DATA TO EXAMINE
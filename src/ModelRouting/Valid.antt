-- ===== src/ModelRouting/Valid.antt =====
-- What `validate_routing_document` accepts: a default that names a stack, and for each stack a
-- name, a controller and, for each role, distinct candidates of the right form.
use orichum.Base.{String, true, ◌≡◌, ◌≢◌, List, [], ◌∷◌, arith, All, string_eq, nat_eq}
use orichum.Base.Dict.{Dict, keys, has_key}
use orichum.Base.Result.{ok, guard, >>=-eq-ok}
use orichum.Json.{Json, nil, cons, str, arr, items, item}
use orichum.Account.Registry.{distinct}
use orichum.ModelRouting.{
  Stack, Document, bad_version, is_version_1, roles, is_stack_name, is_model_id, exact_object,
  validate_stack_name, validate_model_id, validate_models, role_candidates, normalize_agents,
  agents_of, validate_stack, validate_stacks, stacks_of, validate_routing_document,
}

pub record IsCandidates (cs : List String) : Type 0 where
  pub some_given : cs ≢ []
  pub models : All (λ m. is_model_id m ≡ true) cs
  pub once : distinct cs ≡ true

pub record IsStack (entry : String × Stack) : Type 0 where
  pub name : is_stack_name entry.0 ≡ true
  pub controller : is_model_id entry.1.controller ≡ true
  pub roles_given : keys entry.1.agents ≡ roles
  pub candidates : All (λ e. IsCandidates e.1) entry.1.agents

pub record IsDocument (doc : Document) : Type 0 where
  pub default : has_key doc.default_stack doc.stacks ≡ true
  pub stacks : All IsStack doc.stacks

validate_model_id-ok :
    (v : Json) (label s : String) → validate_model_id v label ≡ ok s → is_model_id s ≡ true
unfolding validate_model_id
validate_model_id-ok (str t) label s h = ground arith
validate_model_id-ok v label s h = ground arith

validate_stack_name-ok :
    (v : Json) (s : String) → validate_stack_name v ≡ ok s → is_stack_name s ≡ true
unfolding validate_stack_name
validate_stack_name-ok (str t) s h = ground arith
validate_stack_name-ok v s h = ground arith

validate_models-ok :
    (vs : List Json) (label : String) (ms : List String)
    → validate_models vs label ≡ ok ms
    → All (λ m. is_model_id m ≡ true) ms
unfolding validate_models
validate_models-ok [] label ms h = ground arith
validate_models-ok (v ∷ vs) label [] h = tt
validate_models-ok (v ∷ vs) label (m ∷ ms) h =
    ground (arith, validate_model_id-ok v label m, validate_models-ok vs label ms)

validate_models-cons :
    (v : Json) (vs : List Json) (label : String) → validate_models (v ∷ vs) label ≢ ok []
unfolding validate_models
validate_models-cons v vs label h = ground arith

role_candidates-ok :
    (role : String) (v : Json) (cs : List String) → role_candidates role v ≡ ok cs → IsCandidates cs
unfolding role_candidates
role_candidates-ok role (arr nil) cs h = ground arith
role_candidates-ok role (arr (cons x xs)) [] h =
    ground (arith, validate_models-cons x (items xs) role)
role_candidates-ok role (arr (cons x xs)) (c ∷ cs) h =
    ground (arith, validate_models-ok (x ∷ items xs) role (c ∷ cs))
role_candidates-ok role v cs h = ground arith

normalize_agents-keys :
    (rs : List String) (d : Dict String Json) (a : Dict String (List String))
    → normalize_agents rs d ≡ ok a
    → keys a ≡ rs
unfolding normalize_agents
normalize_agents-keys [] d a h = ground arith
normalize_agents-keys (r ∷ rs) d [] h = ground arith
normalize_agents-keys (r ∷ rs) d (e ∷ a) h = ground (arith, normalize_agents-keys rs d a)

normalize_agents-ok :
    (rs : List String) (d : Dict String Json) (a : Dict String (List String))
    → normalize_agents rs d ≡ ok a
    → All (λ e. IsCandidates e.1) a
unfolding normalize_agents
normalize_agents-ok [] d a h = ground arith
normalize_agents-ok (r ∷ rs) d [] h = tt
normalize_agents-ok (r ∷ rs) d (e ∷ a) h =
    ground (arith, role_candidates-ok r (item r d) e.1, normalize_agents-ok rs d a)

-- The members of `entry` that the loop's body sets.
validate_agents-ok :
    (d : Dict String Json) (a : Dict String (List String))
    → normalize_agents roles d ≡ ok a
    → (keys a ≡ roles) × All (λ e. IsCandidates e.1) a
validate_agents-ok d a h = (normalize_agents-keys roles d a h, normalize_agents-ok roles d a h)

validate_stack-IsStack :
    (n : String) (v : Json) (entry : String × Stack) → validate_stack n v ≡ ok entry → IsStack entry
unfolding validate_stack
validate_stack-IsStack n v entry h =
    let (name, name_eq, h1) = >>=-eq-ok (validate_stack_name (str n)) _ h in
    let (stack, stack_eq, h2) =
      >>=-eq-ok (exact_object v ("controller" ∷ "agents" ∷ []) name) _ h1 in
    let (m, m_eq, h3) = >>=-eq-ok (validate_model_id (item "controller" stack) "controller") _ h2 in
    let (agents, agents_eq, h4) = >>=-eq-ok (agents_of (item "agents" stack)) _ h3 in
    let (normal, normal_eq, h5) = >>=-eq-ok (normalize_agents roles agents) _ h4 in
    ground (
      arith,
      h5,
      validate_stack_name-ok (str n) name name_eq,
      validate_model_id-ok (item "controller" stack) "controller" m m_eq,
      validate_agents-ok agents normal normal_eq,
    )

validate_stacks-IsStack :
    (d : Dict String Json) (s : Dict String Stack) → validate_stacks d ≡ ok s → All IsStack s
unfolding validate_stacks
validate_stacks-IsStack [] s h = ground arith
validate_stacks-IsStack ((n, v) ∷ d) [] h = tt
validate_stacks-IsStack ((n, v) ∷ d) (e ∷ s) h =
    ground (arith, validate_stack-IsStack n v e, validate_stacks-IsStack d s)

-- A document that is accepted has a default stack among its stacks, and in each stack a name and
-- a controller of the right form and, for each of the six roles and no other, a non-empty list of
-- distinct model IDs.
pub validate_routing_document-IsDocument :
    (raw : Json) (doc : Document) → validate_routing_document raw ≡ ok doc → IsDocument doc
unfolding validate_routing_document
validate_routing_document-IsDocument raw doc h =
    let (d, d_eq, h1) =
      >>=-eq-ok (exact_object raw ("schemaVersion" ∷ "defaultStack" ∷ "stacks" ∷ []) "routing") _
        h in
    let (u, u_eq, h2) =
      >>=-eq-ok (guard (is_version_1 (item "schemaVersion" d)) bad_version) _ h1 in
    let (default, default_eq, h3) = >>=-eq-ok (validate_stack_name (item "defaultStack" d)) _ h2 in
    let (raw_stacks, raw_eq, h4) = >>=-eq-ok (stacks_of (item "stacks" d)) _ h3 in
    let (stacks, stacks_eq, h5) = >>=-eq-ok (validate_stacks raw_stacks) _ h4 in
    ground (arith, h5, validate_stacks-IsStack raw_stacks stacks stacks_eq)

PROMPT
Nothing but the lines from the one that contains "let (stack, stack_eq, h2)" to the end of the listing should be given again, each exactly as it appears.

RESPONSE FOR THIS EXERCISE
    let (stack, stack_eq, h2) =
      >>=-eq-ok (exact_object v ("controller" ∷ "agents" ∷ []) name) _ h1 in
    let (m, m_eq, h3) = >>=-eq-ok (validate_model_id (item "controller" stack) "controller") _ h2 in
    let (agents, agents_eq, h4) = >>=-eq-ok (agents_of (item "agents" stack)) _ h3 in
    let (normal, normal_eq, h5) = >>=-eq-ok (normalize_agents roles agents) _ h4 in
    ground (
      arith,
      h5,
      validate_stack_name-ok (str n) name name_eq,
      validate_model_id-ok (item "controller" stack) "controller" m m_eq,
      validate_agents-ok agents normal normal_eq,
    )

validate_stacks-IsStack :
    (d : Dict String Json) (s : Dict String Stack) → validate_stacks d ≡ ok s → All IsStack s
unfolding validate_stacks
validate_stacks-IsStack [] s h = ground arith
validate_stacks-IsStack ((n, v) ∷ d) [] h = tt
validate_stacks-IsStack ((n, v) ∷ d) (e ∷ s) h =
    ground (arith, validate_stack-IsStack n v e, validate_stacks-IsStack d s)

-- A document that is accepted has a default stack among its stacks, and in each stack a name and
-- a controller of the right form and, for each of the six roles and no other, a non-empty list of
-- distinct model IDs.
pub validate_routing_document-IsDocument :
    (raw : Json) (doc : Document) → validate_routing_document raw ≡ ok doc → IsDocument doc
unfolding validate_routing_document
validate_routing_document-IsDocument raw doc h =
    let (d, d_eq, h1) =
      >>=-eq-ok (exact_object raw ("schemaVersion" ∷ "defaultStack" ∷ "stacks" ∷ []) "routing") _
        h in
    let (u, u_eq, h2) =
      >>=-eq-ok (guard (is_version_1 (item "schemaVersion" d)) bad_version) _ h1 in
    let (default, default_eq, h3) = >>=-eq-ok (validate_stack_name (item "defaultStack" d)) _ h2 in
    let (raw_stacks, raw_eq, h4) = >>=-eq-ok (stacks_of (item "stacks" d)) _ h3 in
    let (stacks, stacks_eq, h5) = >>=-eq-ok (validate_stacks raw_stacks) _ h4 in
    ground (arith, h5, validate_stacks-IsStack raw_stacks stacks stacks_eq)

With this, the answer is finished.